Work to complete: If a line in the listing below contains "Option", return that line.

Dataset excerpts:
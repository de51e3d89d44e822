-- ===== src/Payment/Ledger/Steps.antt =====
-- Which transactions of .../payment/application/use-cases leave the record of a hold alone.
use jcool_ecommerce_backend.Base.{
  ℕ, refl, true, false, Option, none, some, find, Text, text_eq, ℤ, if◌then◌else◌,
}
use jcool_ecommerce_backend.Payment.Status.{PaymentStatus, status_eq}
use jcool_ecommerce_backend.Payment.Fence.{PaymentOrderStatus, CancelDecision, decide_cancel}
use jcool_ecommerce_backend.Payment.Entity.{
  Payment, Result, ok, err, PaymentError, mark_authorized, mark_failed, mark_captured,
}
use jcool_ecommerce_backend.Payment.Entity
use jcool_ecommerce_backend.Payment.Store.{
  Tx, pure, lift, ◌>>=◌, ◌>>◌, insert_open, insert_fenced, update_header, update_status,
  create_payment, is_active_of,
}
use jcool_ecommerce_backend.Payment.Gateway.{CaptureIntentResult}
use jcool_ecommerce_backend.Payment.Cancel.{
  CancelOutcome, releasable, is_releasable, Released, Flipped, flip, record_found, record_release,
  locked_or_fenced, attempt_of,
}
use jcool_ecommerce_backend.Payment.Capture.{
  CaptureOutcome, settle, settle_found, settle_gone, settle_captured,
}
use jcool_ecommerce_backend.Payment.Open.{claim, insert_if_still_open, insert_payment}
use jcool_ecommerce_backend.Payment.Ledger.Quiet.{
  quiet_feed, IsQuiet-bind, IsQuiet-if, IsQuiet-lift, insert-IsQuiet, update_header-IsQuiet,
  update_status-IsQuiet, Quietly-err, create_payment-IsQuiet, pure-IsQuiet, quiet_found, IsQuiet,
}

insert_payment-IsQuiet :
    (o : Text) (amount : ℤ) (currency provider session : Text) (id : ℕ)
    → IsQuiet (insert_payment o amount currency provider session id)
unfolding insert_payment
insert_payment-IsQuiet o amount currency provider session id db =
    quiet_feed db (lift (Entity.create o provider session amount currency none) db) _
      (IsQuiet-lift (Entity.create o provider session amount currency none) db)
      (λ p db'.
        quiet_feed db' (create_payment p id db') _ (create_payment-IsQuiet p id db')
          (λ created. pure-IsQuiet (some created)))

locked_or_fenced-IsQuiet : (o : Text) → IsQuiet (locked_or_fenced o)
unfolding locked_or_fenced insert_fenced
locked_or_fenced-IsQuiet o db =
    quiet_found (db.headers o) _ _ db
      (quiet_feed db (insert_fenced o db) _ (insert-IsQuiet o _ refl db) (λ inserted db'.
        quiet_found (db'.headers o) _ _ db' (Quietly-err _ db' _)
          (λ header. pure-IsQuiet (header, inserted) db')))
      (λ header. pure-IsQuiet (header, false) db)

attempt_of-IsQuiet : (o : Text) (outcome : CancelOutcome) → IsQuiet (attempt_of o outcome)
unfolding attempt_of
attempt_of-IsQuiet o outcome db =
    pure-IsQuiet
      (record { outcome = outcome; attempt = releasable (find (is_active_of o) db.payments) }) db

IsQuiet-decided :
    (d : CancelDecision) (a b c e : Tx Flipped)
    → IsQuiet a
    → IsQuiet b
    → IsQuiet c
    → IsQuiet e
    → IsQuiet (elim d as (λ _. Tx Flipped) [
      | CancelDecision.fence ↦ a
      | CancelDecision.cancel ↦ b
      | CancelDecision.rescan ↦ c
      | CancelDecision.captured_conflict ↦ e
    ])
IsQuiet-decided CancelDecision.fence a b c e ha hb hc he = ha
IsQuiet-decided CancelDecision.cancel a b c e ha hb hc he = hb
IsQuiet-decided CancelDecision.rescan a b c e ha hb hc he = hc
IsQuiet-decided CancelDecision.captured_conflict a b c e ha hb hc he = he

pub flip-IsQuiet : (o : Text) → IsQuiet (flip o)
unfolding flip
flip-IsQuiet o db =
    quiet_feed db (locked_or_fenced o db) _ (locked_or_fenced-IsQuiet o db) (λ locked.
      IsQuiet-decided (decide_cancel (some locked.0.status)) _ _ _ _ (attempt_of-IsQuiet o _)
        (λ db'.
          quiet_feed db' (update_header o (some PaymentOrderStatus.cancelled) none db') _
            (update_header-IsQuiet o _ refl db') (λ _. attempt_of-IsQuiet o _))
        (attempt_of-IsQuiet o _) (pure-IsQuiet _))

pub claim-IsQuiet : (o : Text) (amount : ℤ) (currency : Text) → IsQuiet (claim o amount currency)
unfolding claim insert_open
claim-IsQuiet o amount currency db =
    quiet_feed db (insert_open o amount currency db) _ (insert-IsQuiet o _ refl db) (λ _ db'.
      quiet_found (db'.headers o) _ _ db' (pure-IsQuiet none db')
        (λ header. IsQuiet-if _ _ _ (pure-IsQuiet none) (λ db''. pure-IsQuiet (some _) db'') db'))

pub insert_if_still_open-IsQuiet :
    (o : Text) (amount : ℤ) (currency provider session : Text) (id : ℕ) (retiring : Option Payment)
    → IsQuiet (insert_if_still_open o amount currency provider session id retiring)
unfolding insert_if_still_open
insert_if_still_open-IsQuiet o amount currency provider session id retiring db =
    let inserting = insert_payment-IsQuiet o amount currency provider session id in
    quiet_found (db.headers o) _ _ db (pure-IsQuiet none db) (λ header.
      IsQuiet-if _ _ _ (pure-IsQuiet none)
        (λ db'. quiet_found (find (is_active_of o) db'.payments) _ _ db' (inserting db') (λ active.
          IsQuiet-if _ _ _ (pure-IsQuiet none)
            (λ db''.
              quiet_feed db''
                (update_status active.id PaymentStatus.expired none (some PaymentStatus.pending)
                  db'')
                _
                (update_status-IsQuiet active.id PaymentStatus.expired none
                  (some PaymentStatus.pending) db'')
                (λ retired db3.
                  quiet_found retired (pure none)
                    (λ _. insert_payment o amount currency provider session id) db3
                    (pure-IsQuiet none db3) (λ _. inserting db3)))
            db'))
        db)

IsQuiet-then : {A B : Type 0} (m : Tx A) (b : B) → IsQuiet m → IsQuiet (m >> pure b)
IsQuiet-then m b h db = quiet_feed db (m db) _ (h db) (λ _. pure-IsQuiet b)

released-IsQuiet :
    (attempt payment : Payment) (released : Released)
    → IsQuiet (record_found attempt released payment)
unfolding record_found
released-IsQuiet attempt payment Released.expired =
    IsQuiet-then (update_status payment.id PaymentStatus.expired none (some PaymentStatus.pending))
      false
      (update_status-IsQuiet payment.id PaymentStatus.expired none (some PaymentStatus.pending))
released-IsQuiet attempt payment (Released.voided intent) =
    IsQuiet-if (is_releasable payment.status) _ _
      (IsQuiet-then (update_status payment.id PaymentStatus.voided intent (some payment.status))
        false (update_status-IsQuiet payment.id PaymentStatus.voided intent (some payment.status)))
      (pure-IsQuiet false)
released-IsQuiet attempt payment Released.captured =
    IsQuiet-bind
      (if is_releasable payment.status
        then update_status payment.id PaymentStatus.succeeded none (some payment.status)
        else pure none)
      (λ _. update_header attempt.order_id (some PaymentOrderStatus.captured) none >> pure true)
      (IsQuiet-if (is_releasable payment.status) _ _
        (update_status-IsQuiet payment.id PaymentStatus.succeeded none (some payment.status))
        (pure-IsQuiet none))
      (λ _.
        IsQuiet-then (update_header attempt.order_id (some PaymentOrderStatus.captured) none) true
          (update_header-IsQuiet attempt.order_id (some PaymentOrderStatus.captured) refl))

pub record_release-IsQuiet :
    (attempt : Payment) (released : Released) → IsQuiet (record_release attempt released)
unfolding record_release
record_release-IsQuiet attempt released db =
    quiet_found (find (λ p. text_eq p.provider_session_id attempt.provider_session_id) db.payments)
      _ _ db (Quietly-err _ db _) (λ payment. released-IsQuiet attempt payment released db)

settle_gone-IsQuiet : (read payment : Payment) → IsQuiet (settle_gone read payment)
unfolding settle_gone
settle_gone-IsQuiet read payment =
    IsQuiet-bind
      (if status_eq payment.status PaymentStatus.authorized
        then (lift (mark_failed payment none) >>= λ failed.
            update_status read.id failed.status none none)
        else pure none)
      (λ _.
        update_header read.order_id (some PaymentOrderStatus.cancelled) none
        >> pure CaptureOutcome.not_capturable)
      (IsQuiet-if (status_eq payment.status PaymentStatus.authorized) _ _
        (IsQuiet-bind (lift (mark_failed payment none))
          (λ failed. update_status read.id failed.status none none)
          (IsQuiet-lift (mark_failed payment none))
          (λ failed. update_status-IsQuiet read.id failed.status none none))
        (pure-IsQuiet none))
      (λ _.
        IsQuiet-then (update_header read.order_id (some PaymentOrderStatus.cancelled) none)
          CaptureOutcome.not_capturable
          (update_header-IsQuiet read.order_id (some PaymentOrderStatus.cancelled) refl))

settle_captured-IsQuiet : (read payment : Payment) → IsQuiet (settle_captured read payment)
unfolding settle_captured
settle_captured-IsQuiet read payment =
    IsQuiet-if (status_eq payment.status PaymentStatus.succeeded) _ _
      (pure-IsQuiet CaptureOutcome.idempotent)
      (IsQuiet-if (status_eq payment.status PaymentStatus.authorized) _ _
        (IsQuiet-bind (lift (mark_captured payment))
          (λ done.
            update_status read.id done.status none none
            >> (update_header read.order_id (some PaymentOrderStatus.captured) none
                >> pure CaptureOutcome.captured))
          (IsQuiet-lift (mark_captured payment))
          (λ done.
            IsQuiet-bind (update_status read.id done.status none none)
              (λ _.
                update_header read.order_id (some PaymentOrderStatus.captured) none
                >> pure CaptureOutcome.captured)
              (update_status-IsQuiet read.id done.status none none)
              (λ _.
                IsQuiet-then (update_header read.order_id (some PaymentOrderStatus.captured) none)
                  CaptureOutcome.captured
                  (update_header-IsQuiet read.order_id (some PaymentOrderStatus.captured) refl))))
        (λ db. Quietly-err CaptureOutcome db PaymentError.invariant_broken))

settle_found-IsQuiet :
    (read payment : Payment) (result : CaptureIntentResult)
    → IsQuiet (settle_found read payment result)
unfolding settle_found
settle_found-IsQuiet read payment CaptureIntentResult.captured =
    settle_captured-IsQuiet read payment
settle_found-IsQuiet read payment (CaptureIntentResult.not_capturable _) =
    settle_gone-IsQuiet read payment

pub settle-IsQuiet : (read : Payment) (result : CaptureIntentResult) → IsQuiet (settle read result)
unfolding settle
settle-IsQuiet read result db =
    quiet_found (db.headers read.order_id) _ _ db (Quietly-err _ db _) (λ header.
      quiet_found (find (λ p. text_eq p.provider_session_id read.provider_session_id) db.payments) _
        _ db (Quietly-err _ db _) (λ payment. settle_found-IsQuiet read payment result db))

Response below:
  ℕ, refl, true, false, Option, none, some, find, Text, text_eq, ℤ, if◌then◌else◌,
    (o : Text) (amount : ℤ) (currency provider session : Text) (id : ℕ) (retiring : Option Payment)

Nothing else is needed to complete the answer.